**Task item**
Every line of the entries below from the one containing "downgrade_lem upgrade_query_metric_counters_to_bigint = refl" to the one containing "let tables_more : all", both ends included, must be written out exactly. No other line belongs in the answer.

Source records

===

-- ===== src/Migrations/Undo.antt =====
-- The inverse of an operation, and downgrades against upgrades.
use pg_monitor.Prelude.{
  ◌≡◌, refl, sym, ap, ◌∙◌, subst, String, Option, none, some, Bool, true, false, not, ◌&&◌, ◌||◌,
  List, [], ◌∷◌, ◌++◌, map, if◌then◌else◌, arith,
}
use pg_monitor.Prelude.Eq.{String_eq, ◌=?◌, =?_refl}
use pg_monitor.Prelude.Dict.{has}
use pg_monitor.Migrations.Schema.{
  ColumnType, same_type, Table, Index, Schema, Operation, create_table, create_index, drop_index,
  drop_table, alter_column, names, has_column, index_names, all, refers_to, refers, alter, apply,
  run,
}
use pg_monitor.Migrations.Revisions.{
  Revision, create_query_metric_snapshots, add_runtime_storage_tables,
  upgrade_query_metric_counters_to_bigint, upgrade, downgrade,
}
use pg_monitor.Migrations.Names.{
  filter-added, filter-unknown, all_weaken, all-append, has-more, has-new, map-append, not-refers,
}
use pg_monitor.Migrations.Alter.{alter-back, names-alter, refers_to-alter, has_column-alter}

-- The foreign keys and the indexes of a schema are of tables that are there.
abbrev pub closed : Schema → Bool
closed s = all (refers_to (names s)) s.tables && all (λ i. has (names s) i.table_name) s.indexes

-- An operation of an upgrade: tables and indexes are created, and columns altered whose existing type is what it says.
abbrev pub expected : Operation → Schema → Bool
expected (create_table t) s = true
expected (create_index i) s = true
expected (alter_column table column existing type) s =
    all
      (λ t.
        if t.name =? table
        then all (λ c. if c.name =? column then same_type c.type_of existing else true) t.columns
        else true)
      s.tables
expected _ s = false

-- The operations go through, each in the schema that it expects.
unfoldable pub goes_through : List Operation → Schema → Bool
goes_through [] s = true
goes_through (op ∷ ops) s =
    expected op s && elim (apply op s) [ none ↦ false | some s' ↦ goes_through ops s' ]

inverse : Operation → Operation
inverse (create_table t) = drop_table t.name
inverse (create_index i) = drop_index i.name i.table_name
inverse (alter_column table column existing type) = alter_column table column type existing
inverse op = op

undo : List Operation → List Operation
undo [] = []
undo (op ∷ ops) = undo ops ++ inverse op ∷ []

downgrade_lem : (revision : Revision) → downgrade revision ≡ undo (upgrade revision)
unfolding downgrade upgrade undo inverse
downgrade_lem create_query_metric_snapshots = refl
downgrade_lem add_runtime_storage_tables = refl
downgrade_lem upgrade_query_metric_counters_to_bigint = refl

-- What an operation of an upgrade is followed by when it is undone.
abbrev Undone : Operation → Schema → Schema → Type 0
Undone op s s' = (apply (inverse op) s' ≡ some s) × (closed s' ≡ true)

some_eq : {A : Type 0} {a b : A} → some a ≡ some b → a ≡ b
some_eq h = cc

both : (a b : Bool) → a ≡ true → b ≡ true → (a && b) ≡ true
both a b h k = ground arith

create_table-Undone :
    (t : Table) (s : Schema)
    → closed s ≡ true
    → (not (has (names s) t.name || has (index_names s) t.name) && refers_to (names s) t) ≡ true
    → Undone (create_table t) s (record s { tables = s.tables ++ t ∷ [] })
unfolding apply inverse
create_table-Undone t s c h =
    let fresh : has (names s) t.name ≡ false = ground arith in
    let own : refers_to (names s) t ≡ true = ground arith in
    let tables_closed : all (refers_to (names s)) s.tables ≡ true = ground arith in
    let indexes_closed : all (λ i. has (names s) i.table_name) s.indexes ≡ true = ground arith in
    let there : has (map (λ t. t.name) (s.tables ++ t ∷ [])) t.name ≡ true =
      rw (map-append (λ t. t.name) s.tables t) (has-new (names s) t.name) in
    let free : all (λ u. u.name =? t.name || not (refers t.name u)) (s.tables ++ t ∷ []) ≡ true =
      all-append (λ u. u.name =? t.name || not (refers t.name u)) s.tables t
        (all_weaken (refers_to (names s)) (λ u. u.name =? t.name || not (refers t.name u)) s.tables
          (λ u r. let nr = not-refers (names s) t.name u fresh r in ground arith) tables_closed)
        (rw (=?_refl t.name)) in
    let more = names s ++ t.name ∷ [] in
    let grows : (u : Table) → refers_to (names s) u ≡ true → refers_to more u ≡ true = λ u r.
      all_weaken (λ k. has (names s) k.referred_table) (λ k. has more k.referred_table)
        u.foreign_keys (λ k g. has-more (names s) t.name k.referred_table g) r in
    let tables_more : all (refers_to more) (s.tables ++ t ∷ []) ≡ true =
      all-append (refers_to more) s.tables t
        (all_weaken (refers_to (names s)) (refers_to more) s.tables grows tables_closed)
        (grows t own) in
    let indexes_more : all (λ i. has more i.table_name) s.indexes ≡ true =
      all_weaken (λ i. has (names s) i.table_name) (λ i. has more i.table_name) s.indexes
        (λ i g. has-more (names s) t.name i.table_name g) indexes_closed in
    (
      rw (
        there,
        free,
        filter-added (λ t. t.name) t s.tables fresh,
        filter-unknown (λ i. i.table_name) (names s) t.name s.indexes fresh indexes_closed,
      ),
      subst
          (λ known.
            (all (refers_to known) (s.tables ++ t ∷ [])
              && all (λ i. has known i.table_name) s.indexes)
            ≡ true)
          (sym (map-append (λ t. t.name) s.tables t)) (both _ _ tables_more indexes_more),
    )

create_index-Undone :
    (i : Index) (s : Schema)
    → closed s ≡ true
    → (has (names s) i.table_name && not (has (index_names s) i.name || has (names s) i.name))
      ≡ true
    → Undone (create_index i) s (record s { indexes = s.indexes ++ i ∷ [] })
unfolding apply inverse
create_index-Undone i s c h =
    let fresh : has (index_names s) i.name ≡ false = ground arith in
    let on_table : has (names s) i.table_name ≡ true = ground arith in
    let there : has (map (λ i. i.name) (s.indexes ++ i ∷ [])) i.name ≡ true =
      rw (map-append (λ i. i.name) s.indexes i) (has-new (index_names s) i.name) in
    let indexes_closed : all (λ j. has (names s) j.table_name) s.indexes ≡ true = ground arith in
    let more : all (λ j. has (names s) j.table_name) (s.indexes ++ i ∷ []) ≡ true =
      all-append (λ j. has (names s) j.table_name) s.indexes i indexes_closed on_table in
    (rw (there, filter-added (λ i. i.name) i s.indexes fresh), both _ _ (ground arith) more)

alter_column-Undone :
    (table column : String) (existing type : ColumnType) (s : Schema)
    → closed s ≡ true
    → expected (alter_column table column existing type) s ≡ true
    → has (names s) table ≡ true
    → has_column table column s.tables ≡ true
    → Undone
        (alter_column table column existing type)
        s
        (record s { tables = map (alter table column type) s.tables })
unfolding apply inverse
alter_column-Undone table column existing type s c h k l = (
  rw (
    names-alter table column type s.tables,
    k,
    has_column-alter table column type s.tables,
    l,
    alter-back table column existing type s.tables h,
  ),
  rw (names-alter table column type s.tables, refers_to-alter (names s) table column type s.tables)
      c,
)

if_some :
    {A : Type 0} (b : Bool) (x y : A) → (if b then some x else none) ≡ some y → (b ≡ true) × (x ≡ y)
if_some true x y e = (refl, some_eq e)
if_some false x y e = cc

-- The same for an operation that goes through.
apply-Undone :
    (op : Operation) (s s' : Schema)
    → closed s ≡ true
    → expected op s ≡ true
    → apply op s ≡ some s'
    → Undone op s s'
unfolding apply
apply-Undone (create_table t) s s' c h e =
    let (b, same) = if_some _ _ _ e in
    subst (Undone (create_table t) s) same (create_table-Undone t s c b)
apply-Undone (create_index i) s s' c h e =
    let (b, same) = if_some _ _ _ e in
    subst (Undone (create_index i) s) same (create_index-Undone i s c b)
apply-Undone (alter_column table column existing type) s s' c h e =
    let (b, same) = if_some (has (names s) table && has_column table column s.tables) _ _ e in
    subst (Undone (alter_column table column existing type) s) same
      (alter_column-Undone table column existing type s c h (ground arith) (ground arith))
apply-Undone (drop_table name) s s' c h e = absurd (ground arith)
apply-Undone (drop_index name table) s s' c h e = absurd (ground arith)

-- One operation, and the rest on what it gives.
abbrev then_run : List Operation → Option Schema → Option Schema
then_run ops none = none
then_run ops (some s) = run ops s

run-cons :
    (op : Operation) (ops : List Operation) (s : Schema)
    → run (op ∷ ops) s ≡ then_run ops (apply op s)
unfolding run
run-cons op ops s = cases (apply op s)
  where
    cases :
        (o : Option Schema)
        → elim o as (λ o. Option Schema) [ none ↦ none | some s' ↦ run ops s' ] ≡ then_run ops o
    cases none = refl
    cases (some s') = refl

run-append :
    (xs : List Operation) (op : Operation) (s s' : Schema)
    → run xs s ≡ some s'
    → run (xs ++ op ∷ []) s ≡ apply op s'
unfolding run
run-append [] op s s' e = cases (apply op s) ∙ ap (apply op) (some_eq e)
  where
    cases :
        (o : Option Schema)
        → elim o as (λ o. Option Schema) [ none ↦ none | some s'' ↦ some s'' ] ≡ o
    cases none = refl
    cases (some s'') = refl
run-append (x ∷ xs) op s s' e =
    run-cons x (xs ++ op ∷ []) s
    ∙ cases (apply x s) (λ s₁. run-append xs op s₁ s') (sym (run-cons x xs s) ∙ e)
  where
    cases :
        (o : Option Schema)
        → ((s₁ : Schema) → run xs s₁ ≡ some s' → run (xs ++ op ∷ []) s₁ ≡ apply op s')
        → then_run xs o ≡ some s'
        → then_run (xs ++ op ∷ []) o ≡ apply op s'
    cases none ih e = cc
    cases (some s₁) ih e = ih s₁ e

abbrev Goes : List Operation → Schema → Type 0
Goes ops s = (s' : Schema) × (run ops s ≡ some s') × (run (undo ops) s' ≡ some s)

abbrev rest_goes : List Operation → Option Schema → Bool
rest_goes ops none = false
rest_goes ops (some s) = goes_through ops s

goes_through-cons :
    (op : Operation) (ops : List Operation) (s : Schema)
    → goes_through (op ∷ ops) s ≡ (expected op s && rest_goes ops (apply op s))
unfolding goes_through
goes_through-cons op ops s = ap (λ b. expected op s && b) (cases (apply op s))
  where
    cases :
        (o : Option Schema)
        → elim o as (λ o. Bool) [ none ↦ false | some s' ↦ goes_through ops s' ] ≡ rest_goes ops o
    cases none = refl
    cases (some s') = refl

undo_lem :
    (ops : List Operation) (s : Schema) → closed s ≡ true → goes_through ops s ≡ true → Goes ops s
unfolding undo run
undo_lem [] s c g = (s, refl, refl)
undo_lem (op ∷ ops) s c g =
    cases (apply op s) refl (sym (goes_through-cons op ops s) ∙ g)
      (λ s₁ c₁ g₁. undo_lem ops s₁ c₁ g₁)
  where
    cases :
        (o : Option Schema)
        → apply op s ≡ o
        → (expected op s && rest_goes ops o) ≡ true
        → ((s₁ : Schema) → closed s₁ ≡ true → goes_through ops s₁ ≡ true → Goes ops s₁)
        → Goes (op ∷ ops) s
    cases none e h ih = absurd (ground arith)
    cases (some s₁) e h ih =
        let (back, closed₁) = apply-Undone op s s₁ c (ground arith) e in
        let (s', up, down) = ih s₁ closed₁ (ground arith) in
        (
          s',
          run-cons op ops s ∙ ap (then_run ops) e ∙ up,
          run-append (undo ops) (inverse op) s' s₁ down ∙ back,
        )

-- In every schema whose foreign keys and indexes are of tables that are there, an upgrade that goes through, with the
-- existing types of the columns that it alters as it says, can be undone: the downgrade of the same revision goes
-- through and gives back the schema, with all its tables, indexes and columns as they were and in their order.
pub downgrade-upgrade :
    (revision : Revision) (s : Schema)
    → closed s ≡ true
    → goes_through (upgrade revision) s ≡ true
    → (s' : Schema) × (run (upgrade revision) s ≡ some s') × (run (downgrade revision) s' ≡ some s)
downgrade-upgrade revision s c g =
    subst (λ ops. (s' : Schema) × (run (upgrade revision) s ≡ some s') × (run ops s' ≡ some s))
      (sym (downgrade_lem revision)) (undo_lem (upgrade revision) s c g)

===

**Answer for this exercise**
downgrade_lem upgrade_query_metric_counters_to_bigint = refl

-- What an operation of an upgrade is followed by when it is undone.
abbrev Undone : Operation → Schema → Schema → Type 0
Undone op s s' = (apply (inverse op) s' ≡ some s) × (closed s' ≡ true)

some_eq : {A : Type 0} {a b : A} → some a ≡ some b → a ≡ b
some_eq h = cc

both : (a b : Bool) → a ≡ true → b ≡ true → (a && b) ≡ true
both a b h k = ground arith

create_table-Undone :
    (t : Table) (s : Schema)
    → closed s ≡ true
    → (not (has (names s) t.name || has (index_names s) t.name) && refers_to (names s) t) ≡ true
    → Undone (create_table t) s (record s { tables = s.tables ++ t ∷ [] })
unfolding apply inverse
create_table-Undone t s c h =
    let fresh : has (names s) t.name ≡ false = ground arith in
    let own : refers_to (names s) t ≡ true = ground arith in
    let tables_closed : all (refers_to (names s)) s.tables ≡ true = ground arith in
    let indexes_closed : all (λ i. has (names s) i.table_name) s.indexes ≡ true = ground arith in
    let there : has (map (λ t. t.name) (s.tables ++ t ∷ [])) t.name ≡ true =
      rw (map-append (λ t. t.name) s.tables t) (has-new (names s) t.name) in
    let free : all (λ u. u.name =? t.name || not (refers t.name u)) (s.tables ++ t ∷ []) ≡ true =
      all-append (λ u. u.name =? t.name || not (refers t.name u)) s.tables t
        (all_weaken (refers_to (names s)) (λ u. u.name =? t.name || not (refers t.name u)) s.tables
          (λ u r. let nr = not-refers (names s) t.name u fresh r in ground arith) tables_closed)
        (rw (=?_refl t.name)) in
    let more = names s ++ t.name ∷ [] in
    let grows : (u : Table) → refers_to (names s) u ≡ true → refers_to more u ≡ true = λ u r.
      all_weaken (λ k. has (names s) k.referred_table) (λ k. has more k.referred_table)
        u.foreign_keys (λ k g. has-more (names s) t.name k.referred_table g) r in
    let tables_more : all (refers_to more) (s.tables ++ t ∷ []) ≡ true =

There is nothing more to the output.